Simple C Program - c++

Ok so I am trying to learn C and I want my user to input a value so I am using scanf. I started off not having the flushes, because nothing was comming up until I typed in two values. Now that I have them though I get the same problem there still is no output until after I type in two numbers. Here is my code:
#include <stdio.h>
using namespace std;
int main()
{
int i1, i2, sums;
printf( "Enter first integer\n" );
fflush(stdout);
scanf( "%d", &i1 );
printf( "Enter second integer\n" );
fflush(stdout);
scanf( "%d", &i2 );
sums = i1 + i2;
printf( "Sum is %d\n", sums );
fflush(stdout);
return 0;
}
Any help would be greatly appreciated.

The following works fine for me:
#include <stdio.h>
int main() {
int i1, i2, sums;
printf( "Enter first integer\n" );
scanf( "%d", &i1 );
printf( "Enter second integer\n" );
scanf( "%d", &i2 );
sums = i1 + i2;
printf( "Sum is %d\n", sums );
return 0;
}
and gives:
Enter first integer
1
Enter second integer
6
Sum is 7
This is using Cygwin under XP. What platform and compiler are you using?
Update: One possibility is that, because you're running from within the Eclipse environment, it may be doing some weird stuff that interferes with the normal I/O rules.
I'm pretty certain that stdout, even if it's not line buffered like stderr, will autoflush if you attempt to read from stdin (at least in most environments I've used, which is a few).
Eclipse may be fiddling around with the way it attaches the console to the program's actual I/O. I would try to compile the code to a standalone executable and then run it outside the Eclipse environment. If it runs fine there, then it's probably the interaction between Eclipse and the program.
As I stated, your program works fine under XP with Cygwin, even without the flushes.
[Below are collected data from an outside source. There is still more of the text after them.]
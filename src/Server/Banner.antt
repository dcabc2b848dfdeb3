-- ===== src/Server/Banner.antt =====
-- banner and metricsDesc of internal/server/server.go: what the server prints when it starts.
use secretstash.Base.{[], ◌∷◌, ◌++◌, Bool, true, false, not, Bytes, if◌then◌else◌}
use secretstash.Base.Text.{ascii, line}
use secretstash.Server.{Config}

unfoldable pub metrics_desc : Bool → Bytes
metrics_desc no_metrics =
    if no_metrics
    then ascii "disabled"
    else ascii "/metrics (unauthenticated; restrict at the network level)"

-- %v of a bool
abbrev pub print_bool : Bool → Bytes
print_bool true = ascii "true"
print_bool false = ascii "false"

unfoldable pub banner : Config → Bytes → Bytes → Bytes → Bytes
unfolding metrics_desc
banner cfg scheme description version =
    line (ascii "secretstash " ++ version)
    ++ (10
        ∷ (line (ascii "  listening: " ++ (scheme ++ (ascii "://" ++ cfg.listen)))
            ++ (line (ascii "  web UI:    " ++ print_bool (not cfg.no_ui))
                ++ (line (ascii "  metrics:   " ++ metrics_desc cfg.no_metrics)
                    ++ (line (
                          ascii
                            "  storage:   in-memory only; ALL SECRETS ARE LOST ON RESTART (by design)")
                        ++ (line (ascii "  " ++ description)
                            ++ (10
                                ∷ (if cfg.dev
                                    then line (
                                        ascii
                                          "  WARNING: --dev mode serves PLAINTEXT HTTP. Do not use in production.")
                                      ++ 10 ∷ []
                                    else []))))))))
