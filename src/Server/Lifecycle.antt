-- ===== src/Server/Lifecycle.antt =====
-- Run of internal/server/server.go, from the start of the server to its end: requests, ticks of the
-- janitor, signals, and errors of the listening socket.
pub mod History
use secretstash.Base.{
  ℕ, ◌+◌, ◌*◌, ◌≡◌, refl, sym, ap, ◌∙◌, List, [], ◌∷◌, ◌++◌, Option, none, some, Bytes,
}
use secretstash.Base.Result.{Result, ok, err}
use secretstash.Base.Text.{ascii}
use secretstash.Memory.{Memory}
use secretstash.Store.{Time, SecretId, Store, purge}
use secretstash.Store.Calls.{Call, purges, step, run}
use secretstash.Api.Remote.{Net}
use secretstash.Api.Http.{Request, Moment, Reply, Setup}
use secretstash.Tls.{Certs, TlsConfig}
use secretstash.Server.{Config, Running, listen_addr, scheme, start}
use secretstash.Server.Http.{Site, Part, v1, metrics, ui, parts, handle_part, respond}
use secretstash.Server.Banner.{banner}

abbrev second : Time
second = 1000000000

-- The http.Server that Run sets up, with its times in nanoseconds.
pub record HttpServer (Cert : Type 0) : Type 0 where
  pub addr : Bytes
  pub tls_config : Option (TlsConfig Cert)
  pub read_header_timeout : Time
  pub read_timeout : Time
  pub write_timeout : Time
  pub idle_timeout : Time
  pub max_header_bytes : ℕ

unfoldable pub http_server : {Cert : Type 0} → Running Cert → HttpServer Cert
http_server r = record {
  addr = r.listen;
  tls_config = r.tls;
  read_header_timeout = 5 * second;
  read_timeout = 10 * second;
  write_timeout = 10 * second;
  idle_timeout = 60 * second;
  max_header_bytes = 16 * 1024;
}

-- What happens while Run waits: a request, a tick of the janitor, or the goroutine of the socket ends with
-- ErrServerClosed, which it keeps for itself.
pub data Event : Type 0 where
  arrives : Moment → Request → Event
  ticks : Time → (SecretId → Time) → Event
  closes : Event

-- What the select of Run receives: the error of the socket, or SIGINT or SIGTERM.
pub data Ending : Type 0 where
  fails : Bytes → Ending
  interrupted : Ending

-- The server while Run waits.
unfoldable pub wait : {Cert : Type 0} → Site → Running Cert → List Event → Running Cert
wait site r [] = r
wait site r (arrives m req ∷ events) = wait site (respond site r m req).0 events
wait site r (ticks now clock ∷ events) =
    wait site (record r { state = record r.state { secrets = purge r.state.secrets now clock } })
      events
wait site r (closes ∷ events) = wait site r events

-- What Run returns behind the select; `shut_down` is the result of srv.Shutdown.
unfoldable pub finish : Result Bytes (Unit {0}) → Ending → Result Bytes (Unit {0})
finish shut_down (fails e) = err e
finish shut_down interrupted = shut_down

-- What Run leaves: the text that it prints on standard error, what it listened with and the server if it
-- started, and the result.
pub record Ran (Cert : Type 0) : Type 0 where
  pub printed : Bytes
  pub listened : Option (HttpServer Cert)
  pub served : Option (Running Cert)
  pub result : Result Bytes (Unit {0})

module _ (net : Net) (certs : Certs) (site : Site) (quote : Bytes → Bytes)
    (shut_down : Result Bytes (Unit {0})) where
  open certs use {Cert}

  -- Run, behind what starts.
  unfoldable pub run_started : Config → List Event → Ending → Result Bytes (Running Cert) → Ran Cert
  unfolding wait finish banner http_server
  run_started c events ending (err e) = record {
    printed = [];
    listened = none;
    served = none;
    result = err e;
  }
  run_started c events ending (ok r) = record {
    printed =
        banner (record c { listen = r.listen }) (scheme net certs r.tls) r.description
          site.setup.version;
    listened = some (http_server r);
    served = some (wait site r events);
    result = finish shut_down ending;
  }

  -- Run, on what happens until it ends.
  unfoldable pub run_server : Config → Time → Memory → List Event → Ending → Ran Cert
  unfolding run_started start
  run_server c now memory events ending =
      run_started c events ending (start net certs quote c now memory)
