-- ===== src/Main.antt =====
-- main.go and internal/version/version.go: the program, from its arguments to its exit code. With the
-- server command it is Run of internal/server/server.go, on what happens until that ends.
use secretstash.Base.{refl, List, ◌∷◌, Bytes, lookup, bytes_dec, ℕ_discrete}
use secretstash.Base.Result.{Result}
use secretstash.Base.Text.{ascii}
use secretstash.Memory.{Memory}
use secretstash.Shamir.Codec.{Codec}
use secretstash.Shamir.Raw.{Rand}
use secretstash.Store.{Time}
use secretstash.Api.Remote.{Net}
use secretstash.Tls.{Certs}
use secretstash.Server.Http.{Site}
use secretstash.Server.Lifecycle.{Event, Ending, run_server}
use secretstash.Cli.{Network, Client, Stdin, Outcome}
use secretstash.Cli.Run.{ServerFlags, ServerLib, run_io}
use secretstash.Cli.Ends.{Ends}
use secretstash.Cli.Asks.{
  TokenCommand, unwrap, peek, revoke, name_of, Asks, cmd_unwrap-Asks, cmd_peek-Asks,
  cmd_revoke-Asks,
}
use secretstash.Cli.Codes.Program.{run_io-Ends}

-- Version
abbrev pub version : Bytes
version = ascii "dev"

-- What the program takes from the machine that it runs on. A server that ends its run has met these events
-- and this ending.
pub record Machine (W : Type 0) : Type 1 where
  pub lib : Client
  pub codec : Codec
  pub rand : Rand
  pub rand_error : Bytes
  pub network : Network W
  pub stdin : Stdin
  pub parse_server_flags : List Bytes → Result Bytes ServerFlags
  pub net : Net
  pub certs : Certs
  pub site : Site
  pub quote : Bytes → Bytes
  pub shut_down : Result Bytes (Unit {0})
  pub now : Time
  pub memory : Memory
  pub events : List Event
  pub ending : Ending

module _ {W : Type 0} (machine : Machine W) where
  open machine use {
    lib, codec, rand, rand_error, network, stdin, parse_server_flags, net, certs, site, quote,
    shut_down, now, memory, events, ending,
  }

  -- server.Run for the server command.
  abbrev pub server_lib : ServerLib W
  server_lib = record {
    parse_flags = parse_server_flags;
    run = λ c w. (w, (run_server net certs site quote shut_down c now memory events ending).result);
  }

  -- main, and Run of internal/cli/cli.go, on os.Args[1:].
  unfoldable pub main : List Bytes → W → Outcome W
  unfolding run_io
  main args w = run_io lib server_lib codec rand rand_error version network stdin args w

  -- Whatever the arguments, the program ends in one of two ways. It sends no request, leaves the servers as
  -- they are and exits with 0, 1 or 2. Or it sends one request and exits with 1 for no answer, 3 for 410, 4
  -- for 404, 0 or 1 for 200 and 204, and 1 for another status.
  pub main-Ends : (args : List Bytes) (w : W) → Ends network w (main args w)
  unfolding main
  main-Ends args w =
      run_io-Ends lib server_lib codec rand rand_error version network (λ c w. refl) stdin args w

  -- unwrap, peek and revoke send their request exactly if the flags parse, the token is the one argument and
  -- the address makes a URL; the exit code then reports the answer. Otherwise they send nothing and exit with
  -- 2, or with 1 if only the URL is bad.
  pub main-Asks :
      (c : TokenCommand) (args : List Bytes) (w : W)
      → Asks lib network c args w (main (name_of c ∷ args) w)
  unfolding main lookup bytes_dec ℕ_discrete
  main-Asks unwrap args w = cmd_unwrap-Asks lib network args w
  main-Asks peek args w = cmd_peek-Asks lib network args w
  main-Asks revoke args w = cmd_revoke-Asks lib network args w
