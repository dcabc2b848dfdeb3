-- ===== src/Server/Guard.antt =====
-- When the server runs without TLS.
use secretstash.Base.{
  ◌≡◌, refl, ap, subst, ◌++◌, ◌⊎◌, inl, inr, Option, none, some, Bool, true, false, not, ◌&&◌,
  Bool-cases, Bytes,
}
use secretstash.Base.Result.{Result, ok, err, refuse-eq_ok, bind-eq_ok, ok_inj}
use secretstash.Base.Text.{ascii}
use secretstash.Memory.{Memory}
use secretstash.Store.{Time}
use secretstash.Api.Remote.{Net}
use secretstash.Server.{
  Config, Running, self_signed, from_files, one_missing, none_given, load_tls, is_loopback,
  listen_addr, refuses_plain, plain_refusal, running, start,
}
use secretstash.Tls.{Certs, TlsConfig, tls_config, version_tls12, self_signed_cert}

module _ (net : Net) (certs : Certs) where
  open certs use {Cert, load_key_pair}

  -- What loadTLS returned, if it is no plain HTTP: TLS 1.2 or later.
  abbrev pub IsSecure : Option (TlsConfig Cert) → Type 0
  IsSecure none = ⊥
  IsSecure (some t) = t.min_version ≡ version_tls12

  self_signed-IsSecure :
      (c : Config) (now : Time) (r : Option (TlsConfig Cert) × Bytes)
      → self_signed net certs c now ≡ ok r
      → IsSecure r.0
  unfolding self_signed
  self_signed-IsSecure c now r e =
      let (made, m, h) = bind-eq_ok (self_signed_cert net certs c.listen now) _ e in
      subst (λ q. IsSecure q.0) (ok_inj h) refl

  from_files-IsSecure :
      (c : Config) (now : Time) (r : Option (TlsConfig Cert) × Bytes)
      → from_files net certs c ≡ ok r
      → IsSecure r.0
  unfolding from_files
  from_files-IsSecure c now r e =
      loaded (load_key_pair c.tls_cert c.tls_key)
        (refuse-eq_ok (one_missing c) (ascii "--tls-cert and --tls-key must be set together") _ e).1
    where
      loaded :
          (m : Result Bytes Cert)
          → elim m [
            | err t ↦ err (ascii "loading TLS keypair: " ++ t)
            | ok cert ↦ ok (some (tls_config cert), ascii "TLS enabled with " ++ c.tls_cert)
          ]
            ≡ ok r
          → IsSecure r.0
      loaded (err t) h = cc
      loaded (ok cert) h = subst (λ q. IsSecure q.0) (ok_inj h) refl

  load_tls-IsSecure :
      (c : Config) (now : Time) (r : Option (TlsConfig Cert) × Bytes)
      → load_tls net certs c now ≡ ok r
      → (c.dev ≡ true) ⊎ IsSecure r.0
  unfolding load_tls
  load_tls-IsSecure c now r e = elim (Bool-cases c.dev) [
    | inl h ↦ inl h
    | inr h ↦ elim (Bool-cases (none_given c)) [
      | inl g ↦ inr (self_signed-IsSecure c now r (rw (h, g) at e))
      | inr g ↦ inr (from_files-IsSecure c now r (rw (h, g) at e))
    ]
  ]

  -- A server that starts serves TLS 1.2 or later, or it was started with --dev, and with
  -- --dev-allow-remote or on an address of this machine.
  pub start-IsSecure :
      (quote : Bytes → Bytes) (c : Config) (now : Time) (memory : Memory) (r : Running Cert)
      → start net certs quote c now memory ≡ ok r
      → IsSecure r.tls
        ⊎ ((c.dev ≡ true)
            × ((c.dev_allow_remote ≡ true)
                ⊎ (is_loopback net (listen_addr net certs c.listen) ≡ true)))
  unfolding start refuses_plain running
  start-IsSecure quote c now memory r e =
      let addr = listen_addr net certs c.listen in
      let c' : Config = record c { listen = addr } in
      let g =
        refuse-eq_ok (refuses_plain net certs c' addr) (plain_refusal net certs (quote addr)) _ e in
      let ((tls, description), l, same) = bind-eq_ok (load_tls net certs c' now) _ g.1 in
      elim (load_tls-IsSecure c' now (tls, description) l) [
        | inl dev ↦ inr (dev, allowed c.dev c.dev_allow_remote (is_loopback net addr) dev g.0)
        | inr secure ↦ inl (subst IsSecure (ap (λ q. q.tls) (ok_inj same)) secure)
      ]
    where
      allowed :
          (dev remote loopback : Bool)
          → dev ≡ true
          → (dev && (not remote && not loopback)) ≡ false
          → (remote ≡ true) ⊎ (loopback ≡ true)
      allowed false remote loopback h g = cc
      allowed true true loopback h g = inl refl
      allowed true false true h g = inr refl
      allowed true false false h g = cc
Further explanation is warranted. As Jerry Coffin rightly points out in a comment, the C standard (c1x, 2009/03/01 draft) states:
5.1.2.1 para 6: The input and output dynamics of interactive devices shall take place as specified in 7.19.3. The intent of these requirements is that unbuffered or line-buffered output appear as soon as possible, to ensure that prompting messages actually appear prior to a program waiting for input.
5.1.2.1 para 7: What constitutes an interactive device is implementation-defined.
7.9.13 para 3: When a stream is unbuffered, characters are intended to appear from the source or at the destination as soon as possible. Otherwise characters may be accumulated and transmitted to or from the host environment as a block. When a stream is fully buffered, characters are intended to be transmitted to or from the host environment as a block when a buffer is filled. When a stream is line buffered, characters are intended to be transmitted to or from the host environment as a block when a new-line character is encountered.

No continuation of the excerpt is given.